Planet of the Apes Order – Complete Watch Guide
The Planet of the Apes franchise spans ten films across three distinct continuities, presenting a unique challenge for viewers deciding where to start. From the 1968 original that redefined science fiction to the critically acclaimed reboot trilogy that began in 2011, the series offers two dramatically different entry points for new audiences. Understanding how these films connect—and which ones truly belong together—can make the difference between a confusing experience and a deeply rewarding journey through one of cinema’s most enduring sagas.
The franchise splits cleanly into three eras: the original five-film series from 1968 to 1973, Tim Burton’s standalone 2001 remake, and the modern reboot that launched with Rise of the Planet of the Apes and continued through 2024’s Kingdom of the Planet of the Apes. Each era tells its own story, and crucially, the reboots deliberately serve as prequels that lead directly into the 1968 film—meaning you can watch the modern films first and still experience the original’s famous twist without contradiction. This guide breaks down every watch order option, from strict release chronology to story-chronological arrangements that account for the franchise’s time-travel complications.
What Is the Best Planet of the Apes Watch Order?
Most franchise guides recommend the reboot-first approach for new viewers, though the “best” order ultimately depends on what you want from the series. The four modern films—Rise (2011), Dawn (2014), War (2017), and Kingdom (2024)—form a self-contained prequel story that builds toward the original 1968 setting, while the five original films represent a complete, if dated, saga from a different era of filmmaking.

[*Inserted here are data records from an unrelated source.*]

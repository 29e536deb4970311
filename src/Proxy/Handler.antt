-- ===== src/Proxy/Handler.antt =====
-- The handlers `Proxy` and `serveRewrittenPlaylist` of internal/api/v1/proxy.go, over the parts in Serve.
-- Parameters: `url.QueryUnescape`, `url.Parse`, the re-encoding of a key's query, lower case outside ASCII,
-- the folding of `strings.EqualFold`, `net.ParseIP`, the two lists of the environment, and the rewriting
-- of a playlist, which may teach the proxy hosts.
pub mod Gates
pub mod Bodies
pub mod Again
mod Tests
use aniraku_backend.Base.{
  ltb, leb, ◌==◌, if◌then◌else◌, length, take, drop, Text, codes, text_eq, lower, cut, decimal,
  lookup, insert, delete, ℕ, ◌-◌, ◌^◌, Bool, false, not, ◌&&◌, ◌||◌, Option, none, some, [], ◌∷◌,
  ◌++◌, map,
}
use aniraku_backend.Net.Ip.{Ip}
use aniraku_backend.Middleware.Cors.{is_allowed_origin}
use aniraku_backend.Streaming.VodCache.{vod_cache_get, vod_cache_set}
use aniraku_backend.Proxy.Allowlist.{Learned, clean, is_nuisance_proxy_host, host_gate}
use aniraku_backend.Proxy.Transport.{Upstream, failed, responded}
use aniraku_backend.Proxy.Answer.{
  key_bytes, playlist, Answer, fresh_answer, respond_error, cacheable_media_headers, hls_max_read,
  key_cache_max_read, is_playlist_body, serve, media, reject, classify_playlist_response,
  read_limited,
}
use aniraku_backend.Proxy.Nonce.{strip_proxy_nonce}
use aniraku_backend.Proxy.Serve.{
  Shared, Url, Request, Course, is_blocked_port, key_ttl, key_path, hints_playlist, relay,
  unreachable, refuses, fetch, shed,
}

pub record Library : Type 0 where
  pub lower_other : ℕ → ℕ
  pub fold : Text → Text
  pub parse_ip : Text → Option Ip
  pub cdn_env : Text
  pub cors_env : Text
  pub query_unescape : Text → Option Text
  pub parse_url : Text → Option Url
  -- `baseQ.Encode()` without `sn`, `iv` and `t`.
  pub key_query : Text → Text
  -- The raw body, its URL, the `headers` and `al` parameters.
  pub rewrite : Text → Text → Text → Text → Learned → Learned × Text

unfoldable pub is_web : Url → Bool
unfolding text_eq
is_web u = text_eq u.scheme (codes "http") || text_eq u.scheme (codes "https")

-- Why the target is refused, if it is.
unfoldable pub gate_verdict : Bool → Bool → Bool → Option Text
gate_verdict blocked_port decent passes =
    if blocked_port
    then some (codes "proxy target port not allowed")
    else if not decent
    then some (codes "proxy target blocked")
    else if not passes
    then some (codes "proxy target not allowed")
    else none

module _ (lib : Library) where
  unfoldable pub lower_text : Text → Text
  unfolding lower
  lower_text s = map (lower lib.lower_other) s

  -- `cacheKeyURL`.
  unfoldable pub cache_key_url : Text → Text
  unfolding cut text_eq
  cache_key_url url = elim (cut b'?' url) [
    | none ↦ url
    | some (front, raw) ↦
        let clean = lib.key_query raw in if text_eq clean [] then front else front ++ b'?' ∷ clean
  ]

  unfoldable pub target_url : Request → Text
  unfolding strip_proxy_nonce
  target_url r =
      strip_proxy_nonce lib.query_unescape lib.fold
        (elim (lib.query_unescape r.target) [ none ↦ r.target | some decoded ↦ decoded ])

module _ (lib : Library) (c : Course) (r : Request) where
  -- Anything but the two languages disables the strip of renditions.
  unfoldable pub audio_language : Text
  unfolding text_eq
  audio_language = if text_eq r.al (codes "sub") || text_eq r.al (codes "dub") then r.al else []

  unfoldable pub serve_rewritten_playlist : Text → Text → ℕ → Answer → Shared → Shared × Answer
  unfolding cacheable_media_headers audio_language decimal
  serve_rewritten_playlist raw url status a s =
      let (learned, text) = lib.rewrite raw url r.headers audio_language s.learned in
      (
        record s { learned = learned },
        record (cacheable_media_headers (codes "public, max-age=300") a) {
          status = status;
          content_type = some (codes "application/vnd.apple.mpegurl");
          content_length = some (decimal (length text));
          body = playlist text;
        },
      )

  -- A playlist is kept raw and served rewritten.
  unfoldable pub keep_and_serve : Text → Text → ℕ → Answer → Shared → Shared × Answer
  unfolding serve_rewritten_playlist vod_cache_set
  keep_and_serve raw url status a s =
      serve_rewritten_playlist raw url status a
        (record s { playlists = vod_cache_set url raw c.done s.playlists })

  -- The bytes behind no hint: the first ones are looked at.
  unfoldable pub sniff : Text → Text → Upstream → Answer → Shared → Shared × Answer
  unfolding keep_and_serve read_limited is_playlist_body relay
  sniff url path up a s =
      let (peek, peeked) = read_limited 1024 up in
      let (rest, arrived) = read_limited (2 ^ 20) (record up { body = drop 1024 up.body }) in
      let served = keep_and_serve (peek ++ rest) url up.status a s in
      if not (up.status == 200)
      then (s, relay path up up.body a)
      else if not peeked
      then (s, relay path up [] a)
      else if is_playlist_body peek
      then (if arrived then served else (s, relay path up peek a))
      else (s, relay path up up.body a)

  -- The branch for a response that is hinted to be a playlist.
  unfoldable pub hinted : Text → Text → Upstream → Answer → Shared → Shared × Answer
  unfolding keep_and_serve read_limited classify_playlist_response respond_error relay
  hinted url path up a s =
      let (body, arrived) = read_limited hls_max_read up in
      let served = keep_and_serve body url 200 a s in
      if not arrived
      then (s, respond_error 502 (codes "failed to read HLS playlist") a)
      else elim (classify_playlist_response up.status up.content_range body) [
        | reject ↦ (s, respond_error 502 (codes "upstream returned " ++ decimal up.status) a)
        | media ↦ (s, relay path up up.body a)
        | serve ↦
            if leb hls_max_read (length body)
            then (s, respond_error 502 (codes "upstream playlist too large") a)
            else served
      ]

  -- A response that is not refused; `cache_key` is the key cache's name for the URL.
  unfoldable pub deliver : Text → Text → Text → Text → Upstream → Answer → Shared → Shared × Answer
  unfolding sniff hinted read_limited cacheable_media_headers key_path hints_playlist
  deliver url path query cache_key up a s =
      let body = take key_cache_max_read up.body in
      let playlist = hinted url path up a s in
      let other = sniff url path up a s in
      if key_path path && up.status == 200 && ltb (length body) key_cache_max_read
      then (
        record s { keys = insert cache_key (record { key = body; fetched_at = c.done }) s.keys },
        record (cacheable_media_headers (codes "public, max-age=300") a) {
          content_type = some (codes "application/octet-stream");
          body = key_bytes body;
        },
      )
      else if hints_playlist path query up
      then playlist
      else other

  -- With a slot of the fill limiter.
  unfoldable pub fill_held : Text → Url → Text → Text → Answer → Shared → Shared × Answer
  unfolding fetch refuses deliver unreachable lower_text
  fill_held url u path cache_key a s =
      let got = fetch c r u path s.memo in
      let s' = record s { memo = got.memo } in
      elim got.outcome [
        | failed e ↦ (s', unreachable e a)
        | responded up ↦ elim (refuses up.status a) [
          | some refusal ↦ (s', refusal)
          | none ↦ deliver url path (lower_text lib u.raw_query) cache_key up a s'
        ]
      ]

  unfoldable pub fill : Text → Url → Text → Text → Answer → Shared → Shared × Answer
  unfolding fill_held shed
  fill url u path cache_key a s =
      let filled = fill_held url u path cache_key a s in if c.admitted then filled else (s, shed a)

  -- The cache of keys, for the path of a key; an entry that is too old goes.
  unfoldable pub through_keys : Text → Url → Text → Answer → Shared → Shared × Answer
  unfolding fill cache_key_url key_path lookup cacheable_media_headers
  through_keys url u path a s =
      let cache_key = cache_key_url lib url in
      let filled = fill url u path cache_key a s in
      let refilled = fill url u path cache_key a (record s { keys = delete cache_key s.keys }) in
      if not (key_path path) then filled else elim (lookup cache_key s.keys) [
        | none ↦ filled
        | some e ↦
            if ltb (c.now - e.fetched_at) key_ttl
            then (
              s,
              record (cacheable_media_headers (codes "public, max-age=300") a) {
                content_type = some (codes "application/octet-stream");
                body = key_bytes e.key;
              },
            )
            else refilled
      ]

  -- The cache of playlists.
  unfoldable pub through_playlists : Text → Url → Text → Answer → Shared → Shared × Answer
  unfolding through_keys serve_rewritten_playlist vod_cache_get text_eq
  through_playlists url u path a s =
      let (playlists, hit) = vod_cache_get url c.now s.playlists in
      let s' = record s { playlists = playlists } in
      elim hit [
        | none ↦ through_keys url u path a s'
        | some raw ↦
            if text_eq r.method (codes "HEAD")
            then (s', record a { content_type = some (codes "application/vnd.apple.mpegurl") })
            else serve_rewritten_playlist raw url 200 a s'
      ]

  -- The gates, once the URL is parsed; a blocked port ends the request before the host is looked at.
  unfoldable pub gate_learned : Url → Shared → Learned × Bool
  unfolding host_gate is_blocked_port
  gate_learned u s =
      if is_blocked_port u.port
      then (s.learned, false)
      else host_gate lib.lower_other lib.parse_ip lib.cdn_env u.hostname c.now s.learned

  unfoldable pub gated : Text → Url → Answer → Shared → Shared × Answer
  unfolding through_playlists respond_error gate_verdict gate_learned is_nuisance_proxy_host
      lower_text
  gated url u a s =
      let decent = not (is_nuisance_proxy_host lib.lower_other (lower_text lib u.hostname)) in
      let s' = record s { learned = (gate_learned u s).0 } in
      elim (gate_verdict (is_blocked_port u.port) decent (gate_learned u s).1) [
        | some text ↦ (s', respond_error 403 text a)
        | none ↦ through_playlists url u (lower_text lib u.path) a s'
      ]

  unfoldable pub proxy : Shared → Shared × Answer
  unfolding gated fresh_answer is_allowed_origin respond_error target_url is_web text_eq
  proxy s =
      let a = fresh_answer (is_allowed_origin lib.cors_env r.origin) r.origin in
      let invalid : Shared × Answer = (s, respond_error 400 (codes "invalid URL scheme") a) in
      if text_eq r.target []
      then (s, respond_error 400 (codes "url parameter required") a)
      else elim (lib.parse_url (target_url lib r)) [
        | none ↦ invalid
        | some u ↦ if is_web u then gated (target_url lib r) u a s else invalid
      ]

The 2001 remake exists in its own category entirely, disconnected from both continuities.
Total Films: 10 across three eras (1968-1973 originals, 2001 remake, 2011-2024 reboots)
The franchise covers more than five decades of cinema, from the practical effects of the late 1960s to the motion-capture technology that defined Caesar’s journey in the modern series. Each era appeals to different sensibilities: original fans appreciate the campier, dialogue-driven approach, while newer entries showcase groundbreaking visual effects and complex moral frameworks. Understanding this distinction helps set realistic expectations before diving in.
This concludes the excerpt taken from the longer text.